Louis Vuitton pays tribute to Virgil Abloh in Miami
The French luxury maison – of which the late Virgil Abloh was men’s artistic director until his passing on Sunday 28 November 2021 – held a show in Miami in tribute to the creative innovator, titled ‘Virgil was Here’
A hot-air balloon hovering in the sky, red lights illuminating the motif of a paper aeroplane mid-air, fireworks exploding into slivers of colour, the symbols and signs at Louis Vuitton’s menswear show at the Maritime Marina in Miami on 1 December were ones of freedom, liberation and ascension.
The show, held during Design Miami and Art Basel Miami Beach 2021, was originally planned as a S/S 2022 spin-off, incorporating 30 new looks into the brand’s upcoming offering. Following the passing of the maison’s men’s artistic director Virgil Abloh on Sunday 28 November, after a private battle with cancer, the show was revised as a celebratory tribute to the self-professed ‘image-maker’ and not ‘designer’ – a creative polymath, one of the few Black male figures to lead a luxury French house, and the first to lead Louis Vuitton.

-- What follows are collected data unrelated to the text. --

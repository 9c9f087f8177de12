-- ===== src/Chat/Laws/Sound.antt =====
-- What holds of a chat between its calls, and how the invitations and the ledger keep it.
use go_cell_protocol.Prelude.{
  String, Bool, ◌≡◌, ◌≢◌, ◌⊎◌, ◌≤◌, false, [], ◌∷◌, none, some, ok, arith, str_eq, eq_iff, Dict,
  lookup, insert, remove, lookup-insert, lookup-remove, any, length, Option-cases, inl, inr, sym,
  ◌∙◌, ap, passed, not_is_false,
}
use mathlib.Core.Path.{subst}
use go_cell_protocol.Interop.Chat.{ChatInvitationArtifact, ChatInvitationAcceptance, ChatWire}
use go_cell_protocol.Interop.Chat.Laws.{Answers}
use go_cell_protocol.Chat.{ChatInvitation, Consumption, ChatCell}
use go_cell_protocol.Chat.Rows.{values}
use go_cell_protocol.Chat.Accept.{Handed, consume_once}

-- A record's acceptance, which the invited identity signed over the record's artifact.
pub record Taken (w : ChatWire) (uuid : String) (r : ChatInvitation) (b : ChatInvitationAcceptance)
    : Type 0 where
  pub artifact : ChatInvitationArtifact
  pub is_artifact : r.artifact ≡ some artifact
  pub invited : artifact.invited_identity.uuid ≡ uuid
  pub answers : Answers w b artifact

-- Every acceptance that a record holds was taken.
abbrev pub HoldsTaken : ChatWire → String → ChatInvitation → Type 0
HoldsTaken w uuid r = (b : ChatInvitationAcceptance) → r.acceptance ≡ some b → Taken w uuid r b

abbrev pub AllTaken : ChatWire → Dict ChatInvitation → Type 0
AllTaken w m = (uuid : String) (r : ChatInvitation) → lookup uuid m ≡ some r → HoldsTaken w uuid r

-- No acceptance consumed two invitations.
abbrev pub Once : Dict Consumption → Type 0
Once m =
    (i j : String) (x y : Consumption)
    → lookup i m ≡ some x
    → lookup j m ≡ some y
    → x.acceptance_id ≡ y.acceptance_id
    → i ≡ j

pub record Sound (w : ChatWire) (c : ChatCell) : Type 0 where
  pub bounded : length c.messages ≤ c.messages_limit
  pub taken : AllTaken w c.invitations
  pub once : Once c.consumed

-- What stands under a key of an extended map: the new value, or an old one.
module _ {V : Type 0} (k j : String) (v x : V) (m : Dict V) where
  pub found_in_insert :
      lookup j (insert k v m) ≡ some x → ((k ≡ j) × (v ≡ x)) ⊎ ((k ≢ j) × (lookup j m ≡ some x))
  found_in_insert h = let q = (rw (lookup-insert k j v m) at h) in ground (arith, eq_iff k j)

module _ {V : Type 0} (k j : String) (x : V) (m : Dict V) where
  pub found_in_remove : lookup j (remove k m) ≡ some x → lookup j m ≡ some x
  found_in_remove h = let q = (rw (lookup-remove k j m) at h) in ground arith

module _ (w : ChatWire) where
  pub insert-AllTaken :
      (uuid : String) (r : ChatInvitation) (m : Dict ChatInvitation)
      → HoldsTaken w uuid r
      → AllTaken w m
      → AllTaken w (insert uuid r m)
  insert-AllTaken uuid r m new old q x found = elim (found_in_insert uuid q r x m found) [
    | inl (k, v) ↦ subst (λ u. HoldsTaken w u x) k (subst (HoldsTaken w uuid) v new)
    | inr (_, f) ↦ old q x f
  ]

  -- A record without an acceptance holds none.
  pub none-HoldsTaken :
      (uuid : String) (r : ChatInvitation) → r.acceptance ≡ none → HoldsTaken w uuid r
  none-HoldsTaken uuid r h b q = absurd (cc)

  -- Another record with the same artifact and acceptance.
  pub same-HoldsTaken :
      (uuid : String) (r s : ChatInvitation)
      → s.artifact ≡ r.artifact
      → s.acceptance ≡ r.acceptance
      → HoldsTaken w uuid r
      → HoldsTaken w uuid s
  same-HoldsTaken uuid r s a c h b q =
      let t = h b (sym c ∙ q) in
      record {
        artifact = t.artifact;
        is_artifact = a ∙ t.is_artifact;
        invited = t.invited;
        answers = t.answers;
      }

pub insert-Once :
    (k : String) (x : Consumption) (m : Dict Consumption)
    → ((j : String) (y : Consumption)
        → lookup j m ≡ some y
        → y.acceptance_id ≡ x.acceptance_id
        → j ≡ k)
    → Once m
    → Once (insert k x m)
insert-Once k x m apart old i j y z p q same = elim (found_in_insert k i x y m p) [
  | inl (a, u) ↦ elim (found_in_insert k j x z m q) [
    | inl (b, v) ↦ sym a ∙ b
    | inr (_, f) ↦ sym a ∙ sym (apart j z f (sym same ∙ ap (λ t. t.acceptance_id) (sym u)))
  ]
  | inr (_, f) ↦ elim (found_in_insert k j x z m q) [
    | inl (b, v) ↦ apart i y f (same ∙ ap (λ t. t.acceptance_id) (sym v)) ∙ b
    | inr (_, g) ↦ old i j y z f g same
  ]
]

pub remove-Once : (k : String) (m : Dict Consumption) → Once m → Once (remove k m)
remove-Once k m old i j x y p q same =
    old i j x y (found_in_remove k i x m p) (found_in_remove k j y m q) same

-- A value that a map holds is among its values.
values-any :
    {V : Type 0} (p : V → Bool) (j : String) (y : V) (m : Dict V)
    → lookup j m ≡ some y
    → any p (values m) ≡ false
    → p y ≡ false
unfolding lookup
values-any p j y [] h n = absurd (cc)
values-any p j y ((k, v) ∷ m) h n = ground (arith, values-any p j y m)

-- An acceptance that passes consumes its own invitation, and no other.
pub consume_once-apart :
    (m : Dict Consumption) (h : Handed) (again : Bool)
    → Once m
    → consume_once m h ≡ ok again
    → (j : String) (y : Consumption) → lookup j m ≡ some y
    → y.acceptance_id ≡ h.acceptance.acceptance_id
    → j ≡ h.artifact.invitation_id
unfolding consume_once
consume_once-apart m h again old q j y found same =
    elim (Option-cases (lookup h.artifact.invitation_id m)) [
      | inl n ↦
          let (unspent, _) = passed _ _ _ ((rw (n, consume_once) at q)) in
          absurd (
            let apart =
              values-any
                (λ (row : Consumption). str_eq row.acceptance_id h.acceptance.acceptance_id) j y m
                found unspent in
            ground (arith, eq_iff y.acceptance_id h.acceptance.acceptance_id))
      | inr (row, n) ↦
          let (repeats, _) = passed _ _ _ ((rw (n, consume_once) at q)) in
          old j h.artifact.invitation_id y row found n
            (same ∙ sym ((eq_iff _ _).0 (not_is_false _ repeats)))
    ]

-- A chat without records holds no acceptance, and consumed none.
pub nil-Sound :
    (w : ChatWire) (c : ChatCell)
    → length c.messages ≤ c.messages_limit
    → Sound w (record c { invitations = []; consumed = [] })
unfolding lookup
nil-Sound w c h = record {
  bounded = h;
  taken = λ uuid r found. absurd (cc);
  once = λ i j x y found. absurd (cc);
}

Possibility has always been at the heart of Abloh’s shows for the house, a visual representation of his coming of age, a symbol of universal wall-shattering success for so many. His debut S/S 2020 show for the house – complete with a rainbow runway – referenced the fairytale world of The Wizard of Oz. Post-show, Abloh left a message of optimism for millions of young creatives globally, posting an image of himself at the head of the Palais Royal garden catwalk, with the caption ‘You can do it too’.
Louis Vuitton’s show films – broadcast at the onset of the Covid-19 pandemic, also championed community. For his original S/S 2022 show, Abloh brought together Black musicians and poets including Goldie, Saul Williams and Lupe Fiasco, in a story focused on passing down concepts and traditions through generations.
‘Virgil was Here’
The Miami show – live streamed worldwide – opened with Abloh’s own words: ‘I’ve been on this focus in terms of my art and creativity, of getting adults to behave like children again. That they go back into this sense of wonderment.’ That sense of naivety, childhood liberation, and unrestricted imagination was conveyed in silhouettes that were genre-breaking and fanciful: neon and tie-dye suiting, puffball skirts and kilts, LV monogram sportswear, looks that defied convention, referencing both rave culture and formal wear.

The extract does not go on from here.